Eklememiz gereken en önemli ayrıntı, hem Stockholm Zirvesi’nin, hem de bu zirveden sonraki diğer iki zirvenin de hukuki bir bağlayıcılığa sahip olmadığı, sadece sorunların çerçevesini ana hatlarıyla ortaya koyan ve yakın vade planlarını açıklayan ve bunu serbest piyasa mekanizmasının devamlılığı üzerine inşa eden bir işleve sahip olduklarıdır.
1992 Rio Zirvesi’nin ardından yaklaşık 10 yıllık bir aradan sonra, 2002 yılında ise Johannesburg Zirvesi düzenlenecekti. Bu zirvenin en önemli yanı, Rio Zirvesi sonrası süreçte, 1992 – 2002 arasında, Gündem 21 çalışmaları ve AB, Dünya Ticaret Örgütü ve Dünya Bankası eliyle yerleşikleştirilmeye çalışılan piyasa odaklı çevre korumacılığı anlayışını daha marjinal, daha ekstrem neo liberal bir çerçeveye oturtmak olacaktı. Bu noktada kullanılan anahtar kavram, “yönetişim (governance)” olacaktı.

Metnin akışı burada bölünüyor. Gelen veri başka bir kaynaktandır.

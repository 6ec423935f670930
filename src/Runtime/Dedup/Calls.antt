-- ===== src/Runtime/Dedup/Calls.antt =====
-- crates/hataori-runtime/src/dedup.rs: sequences of calls of a table's methods.
use hataori_rs.Prelude.{ℕ, ◌≤◌, List, [], ◌∷◌, arith}
use hataori_rs.Prelude.Assoc.{total}
use hataori_rs.Protocol.Ids.{ActionId, DomainId, RequestId}
use hataori_rs.Runtime.Message.{RuntimeMessage}
use hataori_rs.Runtime.Dedup.Table.{DedupTable, new_table, expire, begin, release_redirect, cancel}
use hataori_rs.Runtime.Dedup.Complete.{complete, clear}
use hataori_rs.Runtime.Dedup.Invariant.{
  Inv, new_table-Inv, expire-Inv, begin-Inv, release_redirect-Inv, cancel-Inv, complete-Inv,
  clear-Inv,
}
use hataori_rs.Runtime.Dedup.Weighing.{
  held, AllWeighed, total-held, expire-Weighed, begin-Weighed, release_redirect-Weighed,
  cancel-Weighed, complete-Weighed,
}

pub data Call : Type 0 where
  on_begin : RequestId → ActionId → DomainId → ℕ → Call
  on_release : RequestId → ActionId → DomainId → Call
  on_cancel : RequestId → ActionId → DomainId → ℕ → Call
  on_complete : RuntimeMessage → ℕ → Call
  on_expire : ℕ → Call
  on_clear : Call

-- The table that a call leaves, whether it succeeds or not.
unfoldable pub perform : Call → DedupTable → DedupTable
perform (Call.on_begin request action domain now) t = (begin request action domain now t).1
perform (Call.on_release request action domain) t = (release_redirect request action domain t).1
perform (Call.on_cancel request action domain now) t = (cancel request action domain now t).1
perform (Call.on_complete message now) t = (complete message now t).1
perform (Call.on_expire now) t = expire now t
perform Call.on_clear t = clear t

unfoldable pub perform_all : List Call → DedupTable → DedupTable
unfolding perform
perform_all [] t = t
perform_all (call ∷ calls) t = perform_all calls (perform call t)

perform-Inv : (call : Call) (t : DedupTable) → Inv t → Inv (perform call t)
unfolding perform
perform-Inv (Call.on_begin request action domain now) t = begin-Inv request action domain now t
perform-Inv (Call.on_release request action domain) t = release_redirect-Inv request action domain t
perform-Inv (Call.on_cancel request action domain now) t = cancel-Inv request action domain now t
perform-Inv (Call.on_complete message now) t = complete-Inv message now t
perform-Inv (Call.on_expire now) t = expire-Inv now t
perform-Inv Call.on_clear t = clear-Inv t

run-Inv : (calls : List Call) (t : DedupTable) → Inv t → Inv (perform_all calls t)
unfolding perform_all
run-Inv [] t v = v
run-Inv (call ∷ calls) t v = run-Inv calls (perform call t) (perform-Inv call t v)

perform-Weighed : (call : Call) (t : DedupTable) → AllWeighed t → AllWeighed (perform call t)
unfolding perform clear
perform-Weighed (Call.on_begin request action domain now) t =
    begin-Weighed request action domain now t
perform-Weighed (Call.on_release request action domain) t =
    release_redirect-Weighed request action domain t
perform-Weighed (Call.on_cancel request action domain now) t =
    cancel-Weighed request action domain now t
perform-Weighed (Call.on_complete message now) t = complete-Weighed message now t
perform-Weighed (Call.on_expire now) t = expire-Weighed now t
perform-Weighed Call.on_clear t = λ _. tt

run-Weighed : (calls : List Call) (t : DedupTable) → AllWeighed t → AllWeighed (perform_all calls t)
unfolding perform_all
run-Weighed [] t w = w
run-Weighed (call ∷ calls) t w = run-Weighed calls (perform call t) (perform-Weighed call t w)

-- The payloads that a table holds, their bytes counted one by one, are covered by its counter.
abbrev pub Covered : DedupTable → Type 0
Covered t = total held t.entries ≤ t.retained_bytes

-- Whatever calls are made on a new table, failed ones included, it holds one entry a request, no more
-- entries than its limit, and payloads of no more bytes together than its counter says, which is
-- within the byte limit.
pub perform_all-Inv :
    (max_entries max_bytes ttl : ℕ) (calls : List Call)
    → Inv (perform_all calls (new_table max_entries max_bytes ttl))
      × Covered (perform_all calls (new_table max_entries max_bytes ttl))
unfolding new_table
perform_all-Inv max_entries max_bytes ttl calls =
    let t = perform_all calls (new_table max_entries max_bytes ttl) in
    let v : Inv t = run-Inv calls _ (new_table-Inv max_entries max_bytes ttl) in
    (
      v,
      omega (
        arith,
        v.counted,
        total-held t.entries (run-Weighed calls (new_table max_entries max_bytes ttl) tt),
      ),
    )
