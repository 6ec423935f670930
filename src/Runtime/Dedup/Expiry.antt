-- ===== src/Runtime/Dedup/Expiry.antt =====
-- crates/hataori-runtime/src/dedup.rs: what `expire` leaves.
use hataori_rs.Prelude.{
  ℕ, ◌≡◌, refl, false, Bool, Option, none, some, List, [], ◌∷◌, if◌then◌else◌, arith, ◌∙◌, inl, inr,
  Bool-cases, ◌==◌,
}
use hataori_rs.Prelude.Assoc.{
  lookup, Unique, remove-Unique, lookup-remove, contains, lookup-none_at,
}
use hataori_rs.Protocol.Ids.{RequestId}
use hataori_rs.Runtime.Message.{request_key}
use hataori_rs.Runtime.Dedup.Table.{
  DedupState, DedupTable, is_expired, remove_all, expire, expired_keys,
}

-- The entry that is left of one: none if it has expired.
abbrev pub unexpired : ℕ → Option DedupState → Option DedupState
unexpired now none = none
unexpired now (some state) = if is_expired now state then none else some state

abbrev expired_entry : ℕ → Option DedupState → Bool
expired_entry now none = false
expired_entry now (some state) = is_expired now state

contains-expired_keys :
    (now : ℕ) (k : RequestId) (m : List (RequestId × DedupState))
    → Unique m
    → contains k (expired_keys now m) ≡ expired_entry now (lookup k m)
unfolding expired_keys lookup
contains-expired_keys now k [] u = refl
contains-expired_keys now k ((j, state) ∷ m) u = elim (Bool-cases (j == k)) [
  | inl same ↦
      let gone : lookup k m ≡ none = lookup-none_at j k m same u.0 in
      let rest : contains k (expired_keys now m) ≡ false =
        contains-expired_keys now k m u.1 ∙ rw gone refl in
      elim (Bool-cases (is_expired now state)) [
        | inl old ↦ rw (same, old, same) refl
        | inr live ↦ rw (same, live) rest
      ]
  | inr other ↦
      let rest = contains-expired_keys now k m u.1 in
      elim (Bool-cases (is_expired now state)) [
        | inl old ↦ rw (other, old, other) rest
        | inr live ↦ rw (other, live) rest
      ]
]

lookup-remove_all :
    (keys : List RequestId) (k : RequestId) (t : DedupTable)
    → Unique t.entries
    → lookup k (remove_all keys t).entries ≡ (if contains k keys then none else lookup k t.entries)
unfolding remove_all
lookup-remove_all [] k t u = refl
lookup-remove_all (j ∷ keys) k t u =
    lookup-remove_all keys k _ (remove-Unique j t.entries u)
    ∙ ground (arith, lookup-remove k j t.entries u)

-- `expire` drops the entries whose time has come, and only those; a running entry has no such time.
pub lookup-expire :
    (now : ℕ) (k : RequestId) (t : DedupTable)
    → Unique t.entries
    → lookup k (expire now t).entries ≡ unexpired now (lookup k t.entries)
unfolding expire
lookup-expire now k t u =
    lookup-remove_all (expired_keys now t.entries) k t u
    ∙ rw (contains-expired_keys now k t.entries u) (at (lookup k t.entries))
  where
    at : (o : Option DedupState) → (if expired_entry now o then none else o) ≡ unexpired now o
    at none = refl
    at (some state) = refl
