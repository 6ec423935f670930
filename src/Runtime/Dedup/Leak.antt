-- ===== src/Runtime/Dedup/Leak.antt =====
-- crates/hataori-runtime/src/dedup.rs: the byte counter when a redirect is released.
use hataori_rs.Prelude.{ℕ, ◌+◌, ◌≡◌, refl, true, ◌&&◌, some, none, ok, eqb, arith, ◌∙◌, same_self}
use hataori_rs.Prelude.Assoc.{lookup, total, total-remove, lookup-remove}
use hataori_rs.Protocol.Ids.{ActionId, DomainId, RequestId}
use hataori_rs.Runtime.Message.{RuntimeMessageKind, Segments, request_key}
use hataori_rs.Runtime.Dedup.Table.{DedupState, DedupTable, retained, release_at, release_redirect}
use hataori_rs.Runtime.Dedup.Invariant.{Inv}

-- What is left of a table when a redirect of `bytes` bytes is released.
pub record Released (request : RequestId) (bytes : ℕ) (t s : DedupTable) : Type 0 where
  pub gone : lookup request s.entries ≡ none
  pub held : total retained s.entries + bytes ≡ total retained t.entries
  pub counter : s.retained_bytes ≡ t.retained_bytes

-- In a well-formed table, releasing a stored redirect of the same action and domain succeeds and
-- drops its entry: the bytes that the entries hold fall by the redirect's size, while the counter of
-- retained bytes stays where it was.
pub release_redirect-Released :
    (request : RequestId) (action : ActionId) (domain : DomainId) (payload : Segments)
    (bytes expires_at : ℕ) (t : DedupTable)
    → Inv t
    → lookup request t.entries
      ≡ some (
          DedupState.completed action domain
            (some (RuntimeMessageKind.moved, payload))
            bytes
            expires_at)
    → ((release_redirect request action domain t).0 ≡ ok tt)
      × Released request bytes t (release_redirect request action domain t).1
unfolding release_redirect release_at
release_redirect-Released request action domain payload bytes expires_at t v e =
    let same : (eqb action action && eqb domain domain) ≡ true = ground arith in
    rw (e, same)
      (
        refl,
        record {
          gone = lookup-remove request request t.entries v.unique ∙ rw (same_self request) refl;
          held = ground (arith, total-remove retained request t.entries);
          counter = refl;
        },
      )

2002 Zirvesi’nde benimsenen ve doğa sorunlarına karşı tedbir alırken piyasa dinamiklerinin sürekliliğini de garantiye alma kaygısını gözeten ve eko – realist bir zemine dayandığını ileri süren “sürdürülebilir kalkınma” prensibine temelden eklemlenen yönetişim anlayışına göre, “Sivil Toplum Kurumları’nın da mutlaka politika üretme sürecinde (policy) aktif olarak yer almaları gerekliydi, böylelikle demokratik bir karar alma sürecinin yaratılabilirdi”. Çok masum gibi gözüken fakat özde belli başlı piyasa aktörlerini politik aktörlerle eşitleme ve politik süreçlere doğrudan eklemleme amacı güden bu zihniyet, en insani ve kitlesel konuları dahi piyasa aktörlerinin tercihlerine bırakmaya yarayacaktı. Sözgelimi ormanlık arazilerle ilgili bir karar alma sürecinde, sivil toplum kuruluşu olarak, elbette ekoloji örgütlerinin değil de odun ticareti gerçekleştiren firmaların temsilcileri yer alacak, konuyla ilgili politika üretme sürecinde söz konusu piyasa aktörleri etkili ve belirleyici olacaklardı.
Neoliberal zihniyet algısı, hâlihazırda dünyamızı ağır bir şekilde etkileyen ve yakın gelecekte daha da ağır olarak etkilemesi öngörülen küresel iklim değişikliğinden çok daha ağır bir tehdit olarak karşımızda durmaktadır. Nitekim egemen neo liberal dil, ekolojizmi de kendi söylem dünyasında asıl işlevinden uzaklaştıracak bir söylemsel çarpıtmaya uğratarak parlak cümlelerle kamuoyuna sunmakta ve bu yaklaşım, uluslararası örgütler eliyle de devletlere benimsetilmektedir. Ve son tahlilde “hâkim” devletler de, mutlak ve evrensel doğrunun kendisinde saklı olduğuna inanmış bu evrensel söyleme, dışlanma korkusunu da ekleyelim, teslim olmak zorunda kalıyorlar.
Küresel ekolojik sorunların çözümü, öncelikle zihniyet dünyalarının değişmesinden başlayan bir süreçle anlam kazanabilir. Neo liberal zihniyetin içerisinden konuşan bir dil varlığını devam ettirdikçe, dürüst olmak gerekirse, emisyon oranlarının ne ölçüde azaltılacağı pek önem taşımayacaktır, nitekim alınacak her tedbirin piyasa dinamiklerine uyumlandırıldığını bilmiş olacağız.